[Collected data]
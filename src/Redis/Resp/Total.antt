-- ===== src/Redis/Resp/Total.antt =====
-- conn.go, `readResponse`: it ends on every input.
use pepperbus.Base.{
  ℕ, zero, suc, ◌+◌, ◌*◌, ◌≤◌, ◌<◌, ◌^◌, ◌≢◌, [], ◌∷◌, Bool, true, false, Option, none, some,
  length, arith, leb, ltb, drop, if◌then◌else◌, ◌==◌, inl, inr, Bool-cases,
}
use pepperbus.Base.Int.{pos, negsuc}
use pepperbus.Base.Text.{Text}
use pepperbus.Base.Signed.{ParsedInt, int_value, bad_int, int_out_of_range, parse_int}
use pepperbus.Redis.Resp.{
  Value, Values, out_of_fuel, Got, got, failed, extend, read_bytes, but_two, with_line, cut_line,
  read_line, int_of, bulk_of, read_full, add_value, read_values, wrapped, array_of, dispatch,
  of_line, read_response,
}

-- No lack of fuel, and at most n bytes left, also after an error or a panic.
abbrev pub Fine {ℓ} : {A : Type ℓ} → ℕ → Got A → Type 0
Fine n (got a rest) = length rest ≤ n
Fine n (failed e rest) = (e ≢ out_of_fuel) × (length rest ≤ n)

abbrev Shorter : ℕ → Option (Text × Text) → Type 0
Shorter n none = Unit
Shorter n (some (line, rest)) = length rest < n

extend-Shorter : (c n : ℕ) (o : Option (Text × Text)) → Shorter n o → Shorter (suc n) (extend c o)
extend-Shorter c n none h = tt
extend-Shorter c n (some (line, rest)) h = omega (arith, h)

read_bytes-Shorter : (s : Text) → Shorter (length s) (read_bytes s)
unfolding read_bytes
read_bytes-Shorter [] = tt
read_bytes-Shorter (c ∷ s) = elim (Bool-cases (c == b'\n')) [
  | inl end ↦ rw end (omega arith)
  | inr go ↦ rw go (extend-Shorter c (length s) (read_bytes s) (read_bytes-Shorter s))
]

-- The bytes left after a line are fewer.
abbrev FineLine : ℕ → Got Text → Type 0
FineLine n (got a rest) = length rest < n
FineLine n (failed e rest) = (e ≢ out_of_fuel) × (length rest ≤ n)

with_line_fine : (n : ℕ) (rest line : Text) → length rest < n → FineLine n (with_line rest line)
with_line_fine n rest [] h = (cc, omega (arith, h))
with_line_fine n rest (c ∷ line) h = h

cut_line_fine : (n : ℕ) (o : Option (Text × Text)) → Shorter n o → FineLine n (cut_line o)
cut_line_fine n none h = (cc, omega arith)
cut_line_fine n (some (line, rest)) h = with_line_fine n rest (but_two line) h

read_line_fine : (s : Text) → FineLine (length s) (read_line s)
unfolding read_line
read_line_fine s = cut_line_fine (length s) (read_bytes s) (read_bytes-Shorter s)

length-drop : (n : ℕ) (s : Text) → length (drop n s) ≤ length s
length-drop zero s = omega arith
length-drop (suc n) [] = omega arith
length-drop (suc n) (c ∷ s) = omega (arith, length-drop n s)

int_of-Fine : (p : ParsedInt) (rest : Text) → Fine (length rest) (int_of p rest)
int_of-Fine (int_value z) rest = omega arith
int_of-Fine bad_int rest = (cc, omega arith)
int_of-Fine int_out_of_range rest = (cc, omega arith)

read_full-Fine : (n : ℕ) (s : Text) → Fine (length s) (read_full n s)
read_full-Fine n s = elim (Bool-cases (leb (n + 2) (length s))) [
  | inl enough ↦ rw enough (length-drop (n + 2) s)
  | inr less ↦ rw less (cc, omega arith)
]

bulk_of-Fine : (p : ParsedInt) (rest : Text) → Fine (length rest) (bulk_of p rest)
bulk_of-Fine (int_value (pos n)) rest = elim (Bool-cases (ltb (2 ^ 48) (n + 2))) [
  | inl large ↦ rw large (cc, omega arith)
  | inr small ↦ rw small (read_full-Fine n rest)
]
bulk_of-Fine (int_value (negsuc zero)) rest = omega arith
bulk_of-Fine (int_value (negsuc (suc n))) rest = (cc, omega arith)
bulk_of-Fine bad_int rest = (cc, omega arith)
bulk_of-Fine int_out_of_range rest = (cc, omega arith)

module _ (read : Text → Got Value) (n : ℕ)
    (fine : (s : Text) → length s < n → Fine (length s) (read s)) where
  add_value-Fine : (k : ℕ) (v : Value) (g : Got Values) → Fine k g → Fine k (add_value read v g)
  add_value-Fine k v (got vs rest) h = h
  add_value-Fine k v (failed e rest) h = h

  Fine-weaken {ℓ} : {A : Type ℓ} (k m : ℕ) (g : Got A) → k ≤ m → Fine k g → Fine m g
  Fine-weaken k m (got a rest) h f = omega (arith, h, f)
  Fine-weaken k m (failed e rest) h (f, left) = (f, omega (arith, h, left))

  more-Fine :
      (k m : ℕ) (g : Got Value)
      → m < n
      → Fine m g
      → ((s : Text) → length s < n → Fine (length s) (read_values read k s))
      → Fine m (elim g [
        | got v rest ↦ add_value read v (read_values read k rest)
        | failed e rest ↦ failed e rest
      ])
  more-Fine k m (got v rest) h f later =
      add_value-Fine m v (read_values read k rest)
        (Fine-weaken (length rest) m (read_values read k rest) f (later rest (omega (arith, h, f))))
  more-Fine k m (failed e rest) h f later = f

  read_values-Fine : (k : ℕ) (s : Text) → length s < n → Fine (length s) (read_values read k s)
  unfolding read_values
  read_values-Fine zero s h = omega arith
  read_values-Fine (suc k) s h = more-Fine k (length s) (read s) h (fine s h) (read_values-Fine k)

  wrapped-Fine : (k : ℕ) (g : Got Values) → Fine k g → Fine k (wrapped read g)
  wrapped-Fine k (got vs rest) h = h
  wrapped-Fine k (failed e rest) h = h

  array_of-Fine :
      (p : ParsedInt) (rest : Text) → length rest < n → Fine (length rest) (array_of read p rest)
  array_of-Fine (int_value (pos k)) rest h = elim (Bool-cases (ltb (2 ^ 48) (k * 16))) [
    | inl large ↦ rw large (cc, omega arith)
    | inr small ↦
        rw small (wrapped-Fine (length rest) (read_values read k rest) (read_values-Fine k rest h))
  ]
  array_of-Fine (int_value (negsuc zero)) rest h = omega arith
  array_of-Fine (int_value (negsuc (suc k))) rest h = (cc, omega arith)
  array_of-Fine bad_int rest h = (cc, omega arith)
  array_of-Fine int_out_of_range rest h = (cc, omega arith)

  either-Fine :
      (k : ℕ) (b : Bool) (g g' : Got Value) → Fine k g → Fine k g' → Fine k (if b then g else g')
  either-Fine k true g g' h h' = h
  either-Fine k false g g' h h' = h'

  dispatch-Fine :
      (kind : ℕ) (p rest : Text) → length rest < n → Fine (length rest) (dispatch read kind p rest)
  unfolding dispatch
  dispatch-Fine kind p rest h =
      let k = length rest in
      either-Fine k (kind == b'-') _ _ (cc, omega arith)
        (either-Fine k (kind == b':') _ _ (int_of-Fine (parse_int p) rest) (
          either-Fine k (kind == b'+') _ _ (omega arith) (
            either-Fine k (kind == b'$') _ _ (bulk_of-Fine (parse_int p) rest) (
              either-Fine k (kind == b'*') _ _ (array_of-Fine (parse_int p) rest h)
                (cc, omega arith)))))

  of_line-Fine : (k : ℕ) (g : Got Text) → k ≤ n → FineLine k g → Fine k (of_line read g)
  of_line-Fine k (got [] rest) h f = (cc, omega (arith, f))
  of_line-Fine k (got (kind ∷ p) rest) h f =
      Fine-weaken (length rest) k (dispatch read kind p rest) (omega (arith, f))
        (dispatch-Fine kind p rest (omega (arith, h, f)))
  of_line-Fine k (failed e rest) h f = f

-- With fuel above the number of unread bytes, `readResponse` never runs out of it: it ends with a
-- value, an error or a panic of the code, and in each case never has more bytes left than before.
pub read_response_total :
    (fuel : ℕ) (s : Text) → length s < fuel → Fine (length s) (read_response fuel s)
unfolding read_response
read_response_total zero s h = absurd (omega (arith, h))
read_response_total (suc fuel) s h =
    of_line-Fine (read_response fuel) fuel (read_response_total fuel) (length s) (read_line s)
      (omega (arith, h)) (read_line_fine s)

TASK TO COMPLETE: Emit verbatim the lines running from the one with "rw small (wrapped-Fine" through the last line of the data, both endpoints inclusive.

ANSWER BOX:
        rw small (wrapped-Fine (length rest) (read_values read k rest) (read_values-Fine k rest h))
  ]
  array_of-Fine (int_value (negsuc zero)) rest h = omega arith
  array_of-Fine (int_value (negsuc (suc k))) rest h = (cc, omega arith)
  array_of-Fine bad_int rest h = (cc, omega arith)
  array_of-Fine int_out_of_range rest h = (cc, omega arith)

  either-Fine :
      (k : ℕ) (b : Bool) (g g' : Got Value) → Fine k g → Fine k g' → Fine k (if b then g else g')
  either-Fine k true g g' h h' = h
  either-Fine k false g g' h h' = h'

  dispatch-Fine :
      (kind : ℕ) (p rest : Text) → length rest < n → Fine (length rest) (dispatch read kind p rest)
  unfolding dispatch
  dispatch-Fine kind p rest h =
      let k = length rest in
      either-Fine k (kind == b'-') _ _ (cc, omega arith)
        (either-Fine k (kind == b':') _ _ (int_of-Fine (parse_int p) rest) (
          either-Fine k (kind == b'+') _ _ (omega arith) (
            either-Fine k (kind == b'$') _ _ (bulk_of-Fine (parse_int p) rest) (
              either-Fine k (kind == b'*') _ _ (array_of-Fine (parse_int p) rest h)
                (cc, omega arith)))))

  of_line-Fine : (k : ℕ) (g : Got Text) → k ≤ n → FineLine k g → Fine k (of_line read g)
  of_line-Fine k (got [] rest) h f = (cc, omega (arith, f))
  of_line-Fine k (got (kind ∷ p) rest) h f =
      Fine-weaken (length rest) k (dispatch read kind p rest) (omega (arith, f))
        (dispatch-Fine kind p rest (omega (arith, h, f)))
  of_line-Fine k (failed e rest) h f = f

-- With fuel above the number of unread bytes, `readResponse` never runs out of it: it ends with a
-- value, an error or a panic of the code, and in each case never has more bytes left than before.
pub read_response_total :
    (fuel : ℕ) (s : Text) → length s < fuel → Fine (length s) (read_response fuel s)
unfolding read_response
read_response_total zero s h = absurd (omega (arith, h))
read_response_total (suc fuel) s h =
    of_line-Fine (read_response fuel) fuel (read_response_total fuel) (length s) (read_line s)
      (omega (arith, h)) (read_line_fine s)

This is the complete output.